NEW YORK CITY—Locally based Global Net Lease Inc., reports it has acquired an office building in Allen TX and an industrial property in Akron, OH for a combined price of $75.4 million.
The latest purchase deals bring the REIT's acquisitions so far this year to $236.4 million.
The latest deals involve the purchase of a newly constructed, 145,000 square foot, Class A office building located in Allen, TX for $54 million. The property generates an average GAAP Cap rate of 7.36% and is net leased for 12 years to a subsidiary of the guarantor, NetScout Systems, Inc. NetScout, the guarantor of the Class A office building lease, is a leading provider of application and network performance management products. NetScout has been in the network performance monitoring space for 30 years. The transaction closed on Aug. 13.
The second transaction is a $21.4-million purchase of a 669,000 square foot industrial facility leased to Rubbermaid Incorporated in Akron, OH. The building was purchased at a price equal to an average GAAP cap rate of 7.43% with a remaining lease term of 10 years. The transaction closed on July 27. The guarantor of the lease is Newell Rubbermaid, Inc.
The guarantor of the industrial lease is Newell Brands, a worldwide provider of consumer and commercial products. Newell Brands has a Standard & Poor's credit rating of “BBB-” and a Moody's rating of “Baa3.”
GNL states that it funded the two transactions with borrowings under its revolving credit facility.
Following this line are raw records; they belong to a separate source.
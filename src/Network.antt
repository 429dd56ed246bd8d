-- ===== src/Network.antt =====
-- src/network: the POST of a block to /verify and the poll of /difficulty.
pub mod Submit
pub mod Difficulty
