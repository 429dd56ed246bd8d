-- ===== src/Network/Difficulty/Laws.antt =====
-- Laws of src/network/difficulty.cpp.
use xnminer.Base.{
  ◌+◌, ℤ, pos, ◌≤ℤ◌, ◌<ℤ◌, ◌≡◌, refl, Bool, true, false, Option, none, ◌⊎◌, List, [], ◌∷◌, is_some,
  codes, Text, arith,
}
use xnminer.Common.{NetworkStatus}
use xnminer.Network.Submit.{HttpResponse}
use xnminer.Network.Difficulty.{accept_network_difficulty, Poller, poll_once, attempt, retries}

-- The m= that is taken is positive: it is the polled number if that lies in 1 to 10,000,000, and
-- otherwise the fallback if that is positive, and else 1100.
pub accept_network_difficulty_cases :
    (raw fallback : ℤ)
    → (pos 0 <ℤ accept_network_difficulty raw fallback)
      × (((pos 0 <ℤ raw) × (raw ≤ℤ pos 10000000) × (accept_network_difficulty raw fallback ≡ raw))
          ⊎ (((raw ≤ℤ pos 0) ⊎ (pos 10000000 <ℤ raw))
              × (((pos 0 <ℤ fallback) × (accept_network_difficulty raw fallback ≡ fallback))
                  ⊎ ((fallback ≤ℤ pos 0) × (accept_network_difficulty raw fallback ≡ pos 1100)))))
unfolding accept_network_difficulty
accept_network_difficulty_cases raw fallback = (ground arith, ground arith)

module _ (json_difficulty : Text → Option ℤ) where
  attempt-ok :
      (st : NetworkStatus) (r : HttpResponse)
      → st.ok ≡ is_some st.difficulty
      → (attempt json_difficulty st r).0.ok ≡ is_some (attempt json_difficulty st r).0.difficulty
  unfolding attempt
  attempt-ok st r h = ground arith

  retries-ok :
      (st : NetworkStatus) (done : Bool) (rs : List (Bool × HttpResponse))
      → st.ok ≡ is_some st.difficulty
      → (retries json_difficulty (st, done) rs).ok
        ≡ is_some (retries json_difficulty (st, done) rs).difficulty
  unfolding retries
  retries-ok st done [] h = h
  retries-ok st true (r ∷ rs) h = h
  retries-ok st false ((false, r) ∷ rs) h = h
  retries-ok st false ((true, r) ∷ rs) h =
      retries-ok (attempt json_difficulty st r).0 (attempt json_difficulty st r).1 rs
        (attempt-ok st r h)

  -- What a poll stores is what it returns, under the next sequence number; it is ok exactly when it
  -- has an m=, whichever of the three attempts gave it.
  pub poll_once_lem :
      (first : HttpResponse) (second third : Bool × HttpResponse) (p : Poller)
      → let (st, q) = poll_once json_difficulty first second third p in
        (q.status ≡ st)
        × (st.seq ≡ p.seq + 1)
        × (q.seq ≡ p.seq + 1)
        × (st.ok ≡ is_some st.difficulty)
  unfolding poll_once
  poll_once_lem first second third p = (
    refl,
    refl,
    refl,
    retries-ok (attempt json_difficulty no_status first).0
        (attempt json_difficulty no_status first).1 (second ∷ third ∷ [])
        (attempt-ok no_status first refl),
  )
    where
      no_status : NetworkStatus
      no_status = record { ok = false; difficulty = none; error = codes "no response"; seq = 0 }
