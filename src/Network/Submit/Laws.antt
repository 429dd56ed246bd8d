-- ===== src/Network/Submit/Laws.antt =====
-- How the verdicts on an answer to POST /verify (src/network/submitter.cpp) exclude one another.
use xnminer.Base.{ℤ, pos, ◌≡◌, ◌≢◌, refl, true, false, not, [], ◌∷◌, Text, is_space, any, arith}
use xnminer.Network.Submit.{
  lower, mentions, is_2xx, submit_accepted, is_difficulty_mismatch, is_pool_shed,
  is_xuni_window_reject, is_transient_submit_failure, is_pool_hold, counts_as_reject,
}

-- An empty 401 or 429 (a shed) is a hold, and neither a wrong m= nor a reject.
pub shed-hold :
    (status : ℤ) (body : Text)
    → is_pool_shed status body ≡ true
    → (is_pool_hold status body ≡ true)
      × (is_difficulty_mismatch status body ≡ false)
      × (counts_as_reject status body ≡ false)
unfolding is_pool_shed is_pool_hold counts_as_reject
shed-hold status body h = (ground arith, ground arith, ground arith)

-- An answer that counts as a reject has a status other than 0, 401, 403 and 429, and not of the 2xx.
pub counts_as_reject_status :
    (status : ℤ) (body : Text)
    → counts_as_reject status body ≡ true
    → (status ≢ pos 0)
      × (status ≢ pos 401)
      × (status ≢ pos 403)
      × (status ≢ pos 429)
      × (is_2xx status ≡ false)
unfolding counts_as_reject submit_accepted is_transient_submit_failure is_pool_hold
counts_as_reject_status status body h =
    (λ e. ground arith, λ e. ground arith, λ e. ground arith, λ e. ground arith, ground arith)

lower-lower : (s : Text) → lower (lower s) ≡ lower s
lower-lower [] = refl
lower-lower (c ∷ s) = ground (arith, lower-lower s)

mentions-lower : (s t : Text) → mentions (lower s) t ≡ mentions s t
unfolding mentions
mentions-lower s t = rw (lower-lower s) refl

blank-lower : (s : Text) → any (λ c. not (is_space c)) (lower s) ≡ any (λ c. not (is_space c)) s
blank-lower [] = refl
blank-lower (c ∷ s) = ground (arith, blank-lower s)

-- Whether an answer is accepted, a wrong m=, a shed, a hold or a reject does not depend on the case of
-- the letters in the body.
pub verdicts-lower :
    (status : ℤ) (body : Text)
    → (submit_accepted status (lower body) ≡ submit_accepted status body)
      × (is_difficulty_mismatch status (lower body) ≡ is_difficulty_mismatch status body)
      × (is_pool_shed status (lower body) ≡ is_pool_shed status body)
      × (is_pool_hold status (lower body) ≡ is_pool_hold status body)
      × (counts_as_reject status (lower body) ≡ counts_as_reject status body)
unfolding submit_accepted is_difficulty_mismatch is_pool_shed is_pool_hold counts_as_reject
    is_xuni_window_reject is_transient_submit_failure
verdicts-lower status body = (
  simp mentions-lower,
  simp mentions-lower,
  simp (mentions-lower, blank-lower),
  simp mentions-lower,
  simp mentions-lower,
)
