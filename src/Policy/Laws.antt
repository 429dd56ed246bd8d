-- ===== src/Policy/Laws.antt =====
-- Laws of src/queue/policy.cpp: how the three XUNI windows lie in one another, and which blocks wait.
use xnminer.Base.{ℕ, ◌<◌, ◌≤◌, ◌≡◌, false, not, ◌&&◌, ◌==◌, Text, codes, text_eq_iff, arith, ◌↔◌}
use xnminer.Policy.{
  in_xuni_window, in_xuni_submit_window, in_xuni_taper_window, ready_to_flush, upper_case,
}

-- The mining window is the submit window without minute 55, and the taper minute lies in both.
pub xuni_windows :
    (m : ℕ)
    → (in_xuni_window m ≡ (in_xuni_submit_window m && not (m == 55)))
      × ((in_xuni_taper_window m && in_xuni_window m) ≡ in_xuni_taper_window m)
unfolding in_xuni_window in_xuni_submit_window in_xuni_taper_window
xuni_windows m = (ground arith, ground arith)

-- A block waits exactly when its type is XUNI in any case and the minute is in 5 to 54.
pub ready_to_flush-eq-false_iff :
    (m : ℕ) (t : Text)
    → ((ready_to_flush m t).0 ≡ false) ↔ ((upper_case t ≡ codes "XUNI") × (5 ≤ m) × (m < 55))
unfolding ready_to_flush in_xuni_submit_window
ready_to_flush-eq-false_iff m t =
    let (to, from) = text_eq_iff (upper_case t) (codes "XUNI") in
    (λ h. (to (ground arith), ground arith, ground arith), λ h. ground (arith, from h.0))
Last week, Global Net Lease announced its second quarter revenue increased 9.2% year over year to $71.0 million and net income attributable to common stockholders increased to $5.3 million on a year over year basis up from $5.2 million. The company also reported that core funds from operations increased 20% or $0.10 per share on a year over year basis.
Its portfolio at the end of the second quarter was 99.5% leased with an 8.5 year weighted average remaining lease term. A total of 79.1% of tenants rated as investment grade or implied investment grade.
In the second quarter, the firm closed on the acquisition of seven industrial and distribution assets totaling 1.6 million square feet for $97.6 million.